To me, she's just my little Peanut ... she's light enough that she seems "white" with me, but dark enough that she seems "mixed" with my fiancee.

I could care a less how she's classified, but every time I fill out a form, they ask for her "race." Also, as she gets older, I know people will try to place her in their own categories.

How do I instill a sense of pride and self-identity in her, and at the same time maker her comfortable in a world that insists on placing people in categories?

2007-01-28 14:16:36 · 14 answers · asked by stormsinger1 5 in Pregnancy & Parenting Parenting

Sorry, Windwalker. Religious upbringing is an entirely different question. I'm spiritual, but not Christian.

2007-01-28 15:27:11 · update #1

14 answers

Who in America is not "mixed?" It's the most beautiful thing about our country. She'll eventually know her heritage through what you and her dad teach her.

You're her mom, why not go with Native American? Choose one to fill out the forms with. It's not like they're going to come back to you and tell you that you filled it out incorrectly!
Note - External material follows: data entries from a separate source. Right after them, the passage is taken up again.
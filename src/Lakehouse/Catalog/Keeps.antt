-- ===== src/Lakehouse/Catalog/Keeps.antt =====
-- What lakehouse/init_catalog.py leaves alone.
use crypto_streaming_lakehou.Base.{
  ℕ, String, List, [], ◌∷◌, ◌++◌, Try, ok, raised, ◌≡◌, refl, ap, ◌∙◌, inl, inr, Bool-cases,
  append-nil,
}
use crypto_streaming_lakehou.Lakehouse.Storage.{File, is_under, under, rows_of, read_parquet}
use crypto_streaming_lakehou.Lakehouse.Storage.Counting.{read_parquet-append}
use crypto_streaming_lakehou.Lakehouse.Exporter.{◌then_do◌}
use crypto_streaming_lakehou.Lakehouse.Catalog.{
  World, has_placeholder, write_placeholder, with_placeholder, with_view, statement, init_catalog,
}

module _ {Row : Type 0} where
  pub then_do-keeps :
      (P : World Row → Type 0) (x : Try (Unit {0}) × World Row)
      (f : World Row → Try (Unit {0}) × World Row)
      → P x.1
      → ((w : World Row) → P w → P (f w).1)
      → P (x then_do f).1
  then_do-keeps P (ok u, w) f h k = k w h
  then_do-keeps P (raised e, w) f h k = h

  statement-keeps :
      (P : World Row → Type 0) (t : Try (Unit {0})) (change : World Row → World Row) (w : World Row)
      → P w
      → P (change w)
      → P (statement t change w).1
  statement-keeps P (ok u) change w h k = k
  statement-keeps P (raised e) change w h k = h

  then_statement :
      (P : World Row → Type 0) (x : Try (Unit {0}) × World Row) (t : Try (Unit {0}))
      (change : World Row → World Row)
      → P x.1
      → ((w : World Row) → P w → P (change w))
      → P (x then_do statement t change).1
  then_statement P x t change h k =
      then_do-keeps P x (statement t change) h (λ w p. statement-keeps P t change w p (k w p))

  -- A predicate that placeholders and views keep, a call keeps, whatever raises.
  pub init_catalog-keeps :
      (P : World Row → Type 0) (perform : ℕ → Try (Unit {0})) (base : List String) (w : World Row)
      → ((v : World Row) → P v → P (with_placeholder (base ++ "gold_vwap_1min" ∷ []) v))
      → ((v : World Row) → P v → P (with_placeholder (base ++ "gold_trade_stats_1min" ∷ []) v))
      → ((v : World Row) → P v → P (with_view "vw_vwap_1min" (base ++ "gold_vwap_1min" ∷ []) v))
      → ((v : World Row)
          → P v
          → P (with_view "vw_trade_stats_1min" (base ++ "gold_trade_stats_1min" ∷ []) v))
      → P w
      → P (init_catalog perform base w).1
  unfolding init_catalog
  init_catalog-keeps P perform base w k0 k1 k3 k4 h =
      let vwap = base ++ "gold_vwap_1min" ∷ [] in
      let trade_stats = base ++ "gold_trade_stats_1min" ∷ [] in
      let d0 = statement (perform 0) (λ v. v) w in
      let d1 = d0 then_do statement (perform 1) (λ v. v) in
      let s0 = d1 then_do statement (perform 2) (with_placeholder vwap) in
      let s1 = s0 then_do statement (perform 3) (with_placeholder trade_stats) in
      let s2 = s1 then_do statement (perform 4) (λ v. v) in
      let s3 = s2 then_do statement (perform 5) (with_view "vw_vwap_1min" vwap) in
      let g0 = statement-keeps P (perform 0) (λ v. v) w h h in
      let g1 = then_statement P d0 (perform 1) (λ v. v) g0 (λ v p. p) in
      let h0 = then_statement P d1 (perform 2) (with_placeholder vwap) g1 k0 in
      let h1 = then_statement P s0 (perform 3) (with_placeholder trade_stats) h0 k1 in
      let h2 = then_statement P s1 (perform 4) (λ v. v) h1 (λ v p. p) in
      let h3 = then_statement P s2 (perform 5) (with_view "vw_vwap_1min" vwap) h2 k3 in
      then_statement P s3 (perform 6) (with_view "vw_trade_stats_1min" trade_stats) h3 k4

  read_parquet-blank :
      (at : List String) (f : File Row) → f.rows ≡ [] → read_parquet at (f ∷ []) ≡ []
  unfolding read_parquet rows_of under
  read_parquet-blank at f h = elim (Bool-cases (is_under at f.directory)) [
    | inl e ↦ rw (e, h) refl
    | inr e ↦ rw e refl
  ]

  read_parquet-write_placeholder :
      (at dir : List String) (files : List (File Row))
      → read_parquet at (write_placeholder dir files) ≡ read_parquet at files
  unfolding write_placeholder
  read_parquet-write_placeholder at dir files = elim (Bool-cases (has_placeholder dir files)) [
    | inl e ↦ rw e refl
    | inr e ↦ rw e (
        read_parquet-append at files _
        ∙ ap (λ l. read_parquet at files ++ l) (read_parquet-blank at _ refl)
        ∙ append-nil (read_parquet at files))
  ]

  -- The catalog changes no row that can be read, and no mark.
  pub init_catalog-rows :
      (perform : ℕ → Try (Unit {0})) (base : List String) (w : World Row)
      → ((init_catalog perform base w).1.export_state ≡ w.export_state)
        × ((at : List String)
            → read_parquet at (init_catalog perform base w).1.storage.files
              ≡ read_parquet at w.storage.files)
  init_catalog-rows perform base w =
      init_catalog-keeps
        (λ v.
          (v.export_state ≡ w.export_state)
          × ((at : List String)
              → read_parquet at v.storage.files ≡ read_parquet at w.storage.files))
        perform base w
        (λ v p. (
          p.0,
          λ at.
              read_parquet-write_placeholder at (base ++ "gold_vwap_1min" ∷ []) v.storage.files
              ∙ p.1 at,
        ))
        (λ v p. (
          p.0,
          λ at.
              read_parquet-write_placeholder at (base ++ "gold_trade_stats_1min" ∷ [])
                v.storage.files
              ∙ p.1 at,
        ))
        (λ v p. p) (λ v p. p) (refl, λ at. refl)
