-- ===== src/Lakehouse/Export.antt =====
-- lakehouse/export.py
pub mod Outcomes
pub mod Bookmarks
pub mod Sequences
pub mod InStep
pub mod Retries
pub mod Views
pub mod Runs
use Prim.Native.String.{◌++◌ as ◌<>◌}
use crypto_streaming_lakehou.Base.{
  ℕ, String, Bool, true, false, List, [], ◌∷◌, ◌++◌, if◌then◌else◌, Option, none, some, Try, ok,
  raised, key_error, runtime_error, length,
}
use crypto_streaming_lakehou.Lakehouse.Storage.{
  FileName, placeholder, part, File, Storage, Frames, under, read_parquet,
}
use crypto_streaming_lakehou.Lakehouse.Exporter.{
  Answers, table_path, full_export, incremental_export, ◌then_do◌,
}
use crypto_streaming_lakehou.Lakehouse.ExportState.{
  ExportState, Instant, init_ducklake_schema, upsert_export_state, get_high_water_mark,
}
use crypto_streaming_lakehou.Lakehouse.Uploads.{Upload, S3, upload_file_to_s3, path_text}
use crypto_streaming_lakehou.Lakehouse.Catalog.{World, init_catalog, is_placeholder}

abbrev pub gold_tables : List String
gold_tables = "gold_vwap_1min" ∷ "gold_trade_stats_1min" ∷ []

abbrev pub parquet_base : List String
parquet_base = "data" ∷ []

-- What the environment answers to one call of export_table: the exporter's calls, the queries of
-- export_state and of the count, the clock, and S3.
pub record Run (Row : Type 0) : Type 0 where
  pub answers : Answers Row
  pub select : Try (Unit {0})
  pub count_query : Try (Unit {0})
  pub now : ℕ
  pub upsert : Try (Unit {0})
  pub s3 : S3

abbrev pub file_name : (ℕ → String) → FileName → String
file_name uuid placeholder = ".placeholder.parquet"
file_name uuid (part n) = "part-" <> uuid n <> ".parquet"

abbrev pub is_ok : Try (Unit {0}) → Bool
is_ok (ok u) = true
is_ok (raised e) = false

module _ {Row : Type 0} where
  abbrev pub count_exported_rows : Try (Unit {0}) → List Row → ℕ
  count_exported_rows (ok u) rows = length rows
  count_exported_rows (raised e) rows = 0

  -- The loop of _upload_new_files
  unfoldable pub upload_files :
      S3 → String → List (File Row) → List Upload → Try (Unit {0}) × List Upload
  unfolding upload_file_to_s3 path_text
  upload_files s3 base [] uploads = (ok tt, uploads)
  upload_files s3 base (f ∷ files) uploads =
      (if is_placeholder f.name
        then (ok tt, uploads)
        else upload_file_to_s3 s3 (path_text (f.directory ++ file_name s3.uuid f.name ∷ [])) base
            uploads)
      then_do upload_files s3 base files

  abbrev pub upload_new_files : S3 → List String → String → World Row → Try (Unit {0}) × World Row
  upload_new_files s3 base table w =
      let r =
        upload_files s3 (path_text base) (under (base ++ table ∷ []) w.storage.files) w.uploads in
      (r.0, record w { uploads = r.1 })

  abbrev pub on_storage : Try (Unit {0}) × Storage Row → World Row → Try (Unit {0}) × World Row
  on_storage (t, s) w = (t, record w { storage = s })

  abbrev pub on_state : Try ExportState → World Row → Try (Unit {0}) × World Row
  on_state (ok state) w = (ok tt, record w { export_state = state })
  on_state (raised e) w = (raised e, w)

  abbrev pub with_mark :
      Try (Option ℕ)
      → World Row
      → (Option ℕ → Try (Unit {0}) × World Row)
      → Try (Unit {0}) × World Row
  with_mark (ok mark) w next = next mark
  with_mark (raised e) w next = (raised e, w)

module _ {Row : Type 0} (frames : Frames Row) (base : List String) where
  abbrev pub export_since :
      Option ℕ → String → Answers Row → Storage Row → Try (Unit {0}) × Storage Row
  export_since none table a s = full_export frames base table a s
  export_since (some mark) table a s = incremental_export frames base table mark a s

  -- The bookmark, which now() makes aware of its time zone
  abbrev pub save_mark : String → Run Row → World Row → Try (Unit {0}) × World Row
  save_mark table r w =
      on_state
        (upsert_export_state r.upsert table record { micros = r.now; is_aware = true }
          (count_exported_rows r.count_query
            (read_parquet (table_path frames base table) w.storage.files))
          w.export_state)
        w

  -- The `try` block
  unfoldable pub try_export : String → Run Row → World Row → Try (Unit {0}) × World Row
  unfolding full_export incremental_export upsert_export_state get_high_water_mark upload_files
      read_parquet
  try_export table r w = with_mark (get_high_water_mark r.select table w.export_state) w (λ mark.
      on_storage (export_since mark table r.answers w.storage) w
      then_do save_mark table r
      then_do upload_new_files r.s3 base table)

  unfoldable pub export_table : String → Run Row → World Row → Bool × World Row
  unfolding try_export
  export_table table r w = let t = try_export table r w in (is_ok t.0, t.1)

  -- The loop over the tables, with the failed ones
  unfoldable pub export_tables :
      List String → (String → Run Row) → World Row → List String × World Row
  unfolding export_table
  export_tables [] runs w = ([], w)
  export_tables (table ∷ tables) runs w =
      let r = export_table table (runs table) w in
      let rest = export_tables tables runs r.1 in (if r.0 then rest.0 else table ∷ rest.0, rest.1)

-- What the environment answers to a run: DATABASE_URL, the connection to DuckDB with the schema,
-- the calls of export_table, and the statements of the catalog.
pub record Environment (Row : Type 0) : Type 0 where
  pub database_url : Option String
  pub connect : Try (Unit {0})
  pub runs : String → Run Row
  pub catalog : ℕ → Try (Unit {0})

abbrev pub summary : List String → Try (Unit {0})
summary [] = ok tt
summary (table ∷ failed) = raised runtime_error

module _ {Row : Type 0} (frames : Frames Row) where
  abbrev pub init_schema : World Row → World Row
  init_schema w = record w { export_state = init_ducklake_schema w.export_state }

  abbrev pub export_and_refresh : Environment Row → World Row → Try (Unit {0}) × World Row
  export_and_refresh env w =
      let exported = export_tables frames parquet_base gold_tables env.runs (init_schema w) in
      init_catalog env.catalog parquet_base exported.1 then_do (λ v. (summary exported.0, v))

  abbrev pub with_url : Option String → Environment Row → World Row → Try (Unit {0}) × World Row
  with_url none env w = (raised key_error, w)
  with_url (some url) env w = (env.connect, w) then_do export_and_refresh env

  unfoldable pub run_export : Environment Row → World Row → Try (Unit {0}) × World Row
  unfolding export_tables init_catalog init_ducklake_schema
  run_export env w = with_url env.database_url env w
My grandfather always said that the best looking kids are the ones who are mixed and I think he's right! Your child will have the wonderful benefit of having lots of different traditions and a unique heritage. No need to explain and explain to people who don't care (like you said, a world intent on categorizing) because it's none of their business anyway.

Good luck with your sweet baby!

2007-01-28 15:42:48 · answer #1 · answered by Pamela P 2 · 3 1

Those little "race" boxes that you sometimes see are optional. You dont have to check anything. When your baby is old enough to start asking questions about her race then explain to her that she comes from 2 people who love her very much. Explain that the color of your skin has nothing to do with the person she chooses to be. That she can do anything that she wants despite the color of her skin or her ethic orgin. Explain to her what race you are and what race her father is. Give her the benifits of learning both backgrounds. Let her know the good and the bad of both races. Let her decide what she wants to check in those boxes. She may choose one or the other or she may choose that she is "mixed" (which i think is one of the boxes now). But above everything make she she knows that she was made by love with love. Good luck with everything and I hope everything works out with all this.

2007-01-28 23:45:13 · answer #2 · answered by crystalyn129 3 · 0 0

"Other". I don't take the race section on forms seriously unless it's a governmental form, and most other forms have the "other" section. I'm white as linen but I don't see how, for example my employers medical insurance, can justify asking for my race. I'm a mixture of European decent (German/Irish/Swedish). The "well certain races are more prone to certain illnesses" doesn't fly with me as justification, regardless of truth. In your case, "Other" certainly fits the bill as she's a mixture of many races and you can't just lump her into one category.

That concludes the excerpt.